-- ===== src/Auth/Registry.antt =====
-- operatoraccountauth/challenge_registry.go: the challenges of this process, their slots and the
-- results kept after they end. Each method runs as one step, as its locks have it: `registry.mu` for
-- the maps and `record.mu` for one record. A pointer to a record is an address in `heap`.
pub mod Invariant
pub mod Removal
pub mod Admission
pub mod Resume
use cresora.Prelude.{
  ℕ, suc, ◌+◌, ◌≡◌, ◌<◌, Bool, true, false, not, ◌&&◌, ◌||◌, Option, none, some, List, [], ◌∷◌, ltb,
  leb, ◌==◌, Eq, nat_eq, if◌then◌else◌, length, arith, is_none, pos,
}
use cresora.Prelude.Maps.{Map, lookup, insert, delete}
use cresora.Account.{same_status, authenticating}
use cresora.Auth.Errors.{
  AuthError, invalid_input, provider_unavailable, authentication_aborted, runtime_challenge_expired,
  runtime_challenge_not_found, runtime_challenge_already_active, runtime_capacity, runtime_closed,
  Context, runtime_context_error,
}
use cresora.Auth.Phone.{trim_space}
use cresora.Auth.Challenge.{
  Text, is_blank, AuthTarget, same_target, target_eq, validate_target, no_stage, code_stage,
  AccountView, Challenge, ChallengeRecord, TerminalResult, SendCodeResult, projection,
}

pub record Registry : Type 0 where
  pub ttl : ℕ
  pub capacity : ℕ
  pub heap : ℕ → ChallengeRecord
  pub next_address : ℕ
  pub challenges : Map ℕ ℕ
  pub actor_slots : Map ℕ ℕ
  pub target_slots : Map AuthTarget ℕ
  pub tombstones : Map ℕ TerminalResult
  pub closed : Bool

abbrev pub max_live_challenges : ℕ
max_live_challenges = 4096

abbrev pub blank_target : AuthTarget
blank_target = record { actor = 0; account_id = 0; status = authenticating; version = 0 }

abbrev pub blank_record : ChallengeRecord
blank_record = record {
  request_id = 0;
  target = blank_target;
  phone = [];
  delivery = [];
  stage = no_stage;
  expires = 0;
  hash = [];
  ready = false;
  code_attempts = 0;
  password_attempts = 0;
  pending_profile = none;
}

unfoldable pub new_challenge_registry : ℕ → Registry
new_challenge_registry ttl = record {
  ttl = ttl;
  capacity = max_live_challenges;
  heap = λ _. blank_record;
  next_address = 0;
  challenges = [];
  actor_slots = [];
  target_slots = [];
  tombstones = [];
  closed = false;
}

-- A write through a pointer.
unfoldable pub store : Registry → ℕ → ChallengeRecord → Registry
store g p r = record g { heap = λ q. if q == p then r else g.heap q }

unfoldable pub close_admission : Registry → Registry
close_admission g = record g { closed = true }

unfoldable pub clear_tombstones : Registry → Registry
clear_tombstones g = record g { tombstones = [] }

unfoldable pub keep_unexpired : ℕ → Map ℕ TerminalResult → Map ℕ TerminalResult
keep_unexpired now [] = []
keep_unexpired now ((request_id, stone) ∷ stones) =
    let rest = keep_unexpired now stones in
    if ltb now stone.expires then (request_id, stone) ∷ rest else rest

-- `cleanupLocked`.
unfoldable pub cleanup : ℕ → Registry → Registry
cleanup now g = record g { tombstones = keep_unexpired now g.tombstones }

-- `nextRequestIDLocked` over the identities that `newRequest` draws; `none` if the list ends before
-- an identity is found, where the code draws on.
unfoldable pub next_request_id : Registry → List ℕ → Option ℕ
next_request_id g [] = none
next_request_id g (id ∷ drawn) =
    if not (id == 0) && is_none (lookup id g.challenges) && is_none (lookup id g.tombstones)
    then some id
    else next_request_id g drawn

-- `current`: the map still holds this very record, for this actor.
unfoldable pub points_to : Option ℕ → ℕ → Bool
points_to none p = false
points_to (some q) p = q == p

unfoldable pub current : Registry → ℕ → ℕ → ℕ → Bool
current g actor request_id p =
    points_to (lookup request_id g.challenges) p && (g.heap p).target.actor == actor

abbrev delete_slot : {K : Type 0} ⦃e : Eq K⦄ → K → ℕ → Map K ℕ → Map K ℕ
delete_slot k request_id m = if points_to (lookup k m) request_id then delete k m else m

-- `removeLocked`, with its Boolean answer.
unfoldable pub remove_locked : Registry → ℕ → Registry × Bool
remove_locked g p =
    let r = g.heap p in
    if points_to (lookup r.request_id g.challenges) p
    then (
      record g {
        challenges = delete r.request_id g.challenges;
        actor_slots = delete_slot r.target.actor r.request_id g.actor_slots;
        target_slots = delete_slot r.target r.request_id g.target_slots;
      },
      true,
    )
    else (g, false)

-- The caller owns the record and its secrets are wiped.
abbrev pub wiped : ChallengeRecord → ChallengeRecord
wiped r = record r { hash = []; ready = false; pending_profile = none }

unfoldable pub remove_with_tombstone : ℕ → Registry → ℕ → Option AccountView → Bool → Registry
unfolding store remove_locked
remove_with_tombstone now g p account aborted =
    let (h, removed) = remove_locked g p in
    let r = g.heap p in
    if removed
    then store
        (record h {
          tombstones =
              insert r.request_id
                (record {
                  actor_id = r.target.actor;
                  expires = now + g.ttl;
                  account_result = account;
                  aborted = aborted;
                })
                h.tombstones;
        })
        p (wiped r)
    else h

-- The outcome of `Prepare`: a record that exists already or is new, and its projection.
pub record Reservation : Type 0 where
  pub pointer : Option ℕ
  pub challenge : Option Challenge
  pub created : Bool

abbrev pub no_reservation : Reservation
no_reservation = record { pointer = none; challenge = none; created = false }

-- What a method leaves behind: the registry, a value (the zero value is `none`) and an error.
abbrev pub Outcome : Type 0 → Type 0
Outcome A = Registry × A × Option AuthError

-- The record that the target's slot names, if it is live.
unfoldable pub live_at : Registry → Option ℕ → Option ℕ
live_at g none = none
live_at g (some request_id) = lookup request_id g.challenges

unfoldable pub existing : Registry → ℕ → Reservation
existing g p = record {
  pointer = some p;
  challenge = some (projection (g.heap p));
  created = false;
}

unfoldable pub resume : ℕ → Registry → ℕ → ℕ → Outcome Reservation
unfolding store existing
resume now g p expires_at =
    let r = g.heap p in
    let g' =
      if ltb expires_at r.expires then store g p (record r { expires = expires_at }) else g in
    (
      g',
      existing g' p,
      if ltb now (g'.heap p).expires then none else some runtime_challenge_expired,
    )

unfoldable pub occupied : ℕ → Registry → ℕ → Outcome Reservation
unfolding existing
occupied now g p =
    if ltb now (g.heap p).expires
    then (g, no_reservation, some runtime_challenge_already_active)
    else (g, existing g p, some runtime_challenge_expired)

abbrev pub new_record : ℕ → AuthTarget → Text → ℕ → ChallengeRecord
new_record request_id target phone expires_at = record blank_record {
  request_id = request_id;
  target = target;
  phone = phone;
  stage = code_stage;
  expires = expires_at;
}

unfoldable pub register : Registry → AuthTarget → Text → ℕ → ℕ → Outcome Reservation
unfolding store existing
register g target phone expires_at request_id =
    let p = g.next_address in
    let h =
      store
        (record g {
          next_address = p + 1;
          challenges = insert request_id p g.challenges;
          actor_slots = insert target.actor request_id g.actor_slots;
          target_slots = insert target request_id g.target_slots;
        })
        p (new_record request_id target phone expires_at) in
    (h, record (existing h p) { created = true }, none)

-- No identity was drawn: the code would not have returned yet.
unfoldable pub register_drawn :
    Registry → AuthTarget → Text → ℕ → Option ℕ → Option (Outcome Reservation)
register_drawn g target phone expires_at none = none
register_drawn g target phone expires_at (some id) = some (register g target phone expires_at id)

unfoldable pub create : Registry → AuthTarget → Text → ℕ → List ℕ → Option (Outcome Reservation)
create g target phone expires_at drawn =
    if leb g.capacity (length g.challenges + length g.tombstones)
    then some (g, no_reservation, some runtime_capacity)
    else register_drawn g target phone expires_at (next_request_id g drawn)

unfoldable pub admit : ℕ → Registry → AuthTarget → Text → ℕ → List ℕ → Option (Outcome Reservation)
admit now g target phone expires_at drawn = elim (live_at g (lookup target g.target_slots)) [
  | some p ↦ some (resume now g p expires_at)
  | none ↦ elim (live_at g (lookup target.actor g.actor_slots)) [
    | some p ↦ some (occupied now g p)
    | none ↦ create g target phone expires_at drawn
  ]
]

-- The guard on the input of `Prepare`.
unfoldable pub bad_preparation : AuthTarget → Text → ℕ → Bool
bad_preparation target phone expires_at =
    not (is_none (validate_target target))
    || not (same_status target.status authenticating)
    || is_blank (trim_space phone)
    || expires_at == 0

-- `Prepare` reads the clock first for the cleanup, then for the expiry of what it found.
unfoldable pub prepare :
    Context → ℕ → ℕ → Registry → AuthTarget → Text → ℕ → List ℕ → Option (Outcome Reservation)
prepare ctx cleaned_at now g target phone expires_at drawn = elim (runtime_context_error ctx) [
  | some e ↦ some (g, no_reservation, some e)
  | none ↦
      if bad_preparation target phone expires_at
      then some (g, no_reservation, some invalid_input)
      else if g.closed
      then some (g, no_reservation, some runtime_closed)
      else admit now (cleanup cleaned_at g) target phone expires_at drawn
]
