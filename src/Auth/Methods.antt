-- ===== src/Auth/Methods.antt =====
-- operatoraccountauth/challenge_registry.go: the methods on a reservation or a request. Each clock
-- reading is an argument.
pub mod Keeps
use cresora.Prelude.{
  ℕ, Bool, true, false, not, ◌&&◌, ◌||◌, Option, none, some, List, [], ◌∷◌, ltb, ◌==◌, nat_eq,
  if◌then◌else◌, is_none,
}
use cresora.Prelude.Maps.{lookup}
use cresora.Auth.Errors.{
  AuthError, invalid_input, provider_unavailable, authentication_aborted, runtime_challenge_expired,
  runtime_challenge_not_found, runtime_closed, Context, runtime_context_error,
}
use cresora.Auth.Phone.{trim_space}
use cresora.Auth.Challenge.{
  Text, is_blank, AuthTarget, same_target, no_stage, AccountView, Challenge, ChallengeRecord,
  TerminalResult, SendCodeResult, projection,
}
use cresora.Auth.Registry.{
  Registry, Reservation, Outcome, store, current, points_to, remove_locked, cleanup, wiped,
}

-- The default of `record.delivery`, "Telegram code".
abbrev pub telegram_code : Text
telegram_code =
    b'T' ∷ b'e' ∷ b'l' ∷ b'e' ∷ b'g' ∷ b'r' ∷ b'a' ∷ b'm' ∷ b' ' ∷ b'c' ∷ b'o' ∷ b'd' ∷ b'e' ∷ []

unfoldable pub delivery_label : Text → Text
delivery_label text = if is_blank (trim_space text) then telegram_code else trim_space text

-- The expiry that a provider may bring forward, never put off.
unfoldable pub capped_expiry : ChallengeRecord → SendCodeResult → ℕ
capped_expiry r sent =
    if not (sent.expires_at == 0) && ltb sent.expires_at r.expires
    then sent.expires_at
    else r.expires

-- `commit` behind the test that the record is current. The clock is read before and after the
-- provider's expiry is stored.
unfoldable pub attach : ℕ → ℕ → Registry → ℕ → SendCodeResult → Outcome (Option Challenge)
attach before after g p sent =
    let r = g.heap p in
    let r' = record r { expires = capped_expiry r sent } in
    let g' = store g p r' in
    let r'' = record r' {
      hash = sent.phone_code_hash;
      delivery = delivery_label sent.delivery;
      ready = true;
    } in
    if r.ready
    then (g, some (projection r), none)
    else if is_blank sent.phone_code_hash
    then (g, none, some provider_unavailable)
    else if not (ltb before r.expires)
    then (g, some (projection r), some runtime_challenge_expired)
    else if not (ltb after r'.expires)
    then (g', some (projection r'), some runtime_challenge_expired)
    else (store g p r'', some (projection r''), none)

unfoldable pub commit_pointer :
    ℕ → ℕ → Registry → Option ℕ → SendCodeResult → Outcome (Option Challenge)
commit_pointer before after g none sent = (g, none, some runtime_challenge_not_found)
commit_pointer before after g (some p) sent =
    let r = g.heap p in
    if current g r.target.actor r.request_id p
    then attach before after g p sent
    else (g, none, some runtime_challenge_not_found)

unfoldable pub commit :
    Context → ℕ → ℕ → Registry → Reservation → SendCodeResult → Outcome (Option Challenge)
commit ctx before after g reservation sent = elim (runtime_context_error ctx) [
  | some e ↦ (g, none, some e)
  | none ↦
      if g.closed
      then (g, none, some runtime_closed)
      else commit_pointer before after g reservation.pointer sent
]

unfoldable pub rollback_pointer : Registry → Option ℕ → Registry × Option AuthError
rollback_pointer g none = (g, some runtime_challenge_not_found)
rollback_pointer g (some p) =
    if points_to (lookup (g.heap p).request_id g.challenges) p
    then ((remove_locked g p).0, none)
    else (g, some runtime_challenge_not_found)

-- `Rollback`: nothing to do for a challenge that existed before.
unfoldable pub rollback : Context → Registry → Reservation → Registry × Option AuthError
rollback ctx g reservation =
    if not reservation.created then (g, none) else elim (runtime_context_error ctx) [
      | some e ↦ (g, some e)
      | none ↦ rollback_pointer g reservation.pointer
    ]

unfoldable pub status_of : ℕ → Registry → ℕ → Option ℕ → Outcome (Option Challenge)
status_of now g actor none = (g, none, none)
status_of now g actor (some request_id) = elim (lookup request_id g.challenges) [
  | none ↦ (g, none, none)
  | some p ↦
      let answer = some (projection (g.heap p)) in
      if not (current g actor request_id p)
      then (g, none, none)
      else if ltb now (g.heap p).expires
      then (g, answer, none)
      else (g, answer, some runtime_challenge_expired)
]

-- `Status` of the registry.
unfoldable pub status : Context → ℕ → ℕ → Registry → ℕ → Outcome (Option Challenge)
status ctx cleaned_at now g actor = elim (runtime_context_error ctx) [
  | some e ↦ (g, none, some e)
  | none ↦
      if actor == 0
      then (g, none, some invalid_input)
      else if g.closed
      then (g, none, some runtime_closed)
      else (let h = cleanup cleaned_at g in status_of now h actor (lookup actor h.actor_slots))
]

-- The record of a request, if it belongs to the actor.
unfoldable pub owned : Registry → ℕ → ℕ → Option ℕ
owned g actor request_id = elim (lookup request_id g.challenges) [
  | none ↦ none
  | some p ↦ if (g.heap p).target.actor == actor then some p else none
]

unfoldable pub remove_pointer : Registry → Option ℕ → Registry × Option AuthError
unfolding store
remove_pointer g none = (g, some runtime_challenge_not_found)
remove_pointer g (some p) = let h = (remove_locked g p).0 in (store h p (wiped (h.heap p)), none)

-- `Remove`: between its two sections the record cannot leave the map, so `current` still holds.
unfoldable pub remove : Context → Registry → ℕ → ℕ → Registry × Option AuthError
remove ctx g actor request_id = elim (runtime_context_error ctx) [
  | some e ↦ (g, some e)
  | none ↦ remove_pointer g (owned g actor request_id)
]

-- What a shutdown leaves of a record: its identity and its target.
abbrev pub shut_down : ChallengeRecord → ChallengeRecord
shut_down r = record r {
  phone = [];
  delivery = [];
  stage = no_stage;
  expires = 0;
  hash = [];
  ready = false;
  code_attempts = 0;
  password_attempts = 0;
  pending_profile = none;
}

unfoldable pub clear_shutdown_state : Registry → Challenge → Registry
unfolding store
clear_shutdown_state g challenge = elim (lookup challenge.request_id g.challenges) [
  | none ↦ g
  | some p ↦
      if same_target (g.heap p).target challenge.target
        && current g challenge.target.actor challenge.request_id p
      then store g p (shut_down (g.heap p))
      else g
]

## TASK DIRECTIONS:
Your response should be the lines of the entries above that include the string "SendCodeResult".

## ANSWER BOX:
  AccountView, Challenge, ChallengeRecord, TerminalResult, SendCodeResult, projection,
  TerminalResult, SendCodeResult, projection,
unfoldable pub capped_expiry : ChallengeRecord → SendCodeResult → ℕ
unfoldable pub attach : ℕ → ℕ → Registry → ℕ → SendCodeResult → Outcome (Option Challenge)
    ℕ → ℕ → Registry → Option ℕ → SendCodeResult → Outcome (Option Challenge)
    Context → ℕ → ℕ → Registry → Reservation → SendCodeResult → Outcome (Option Challenge)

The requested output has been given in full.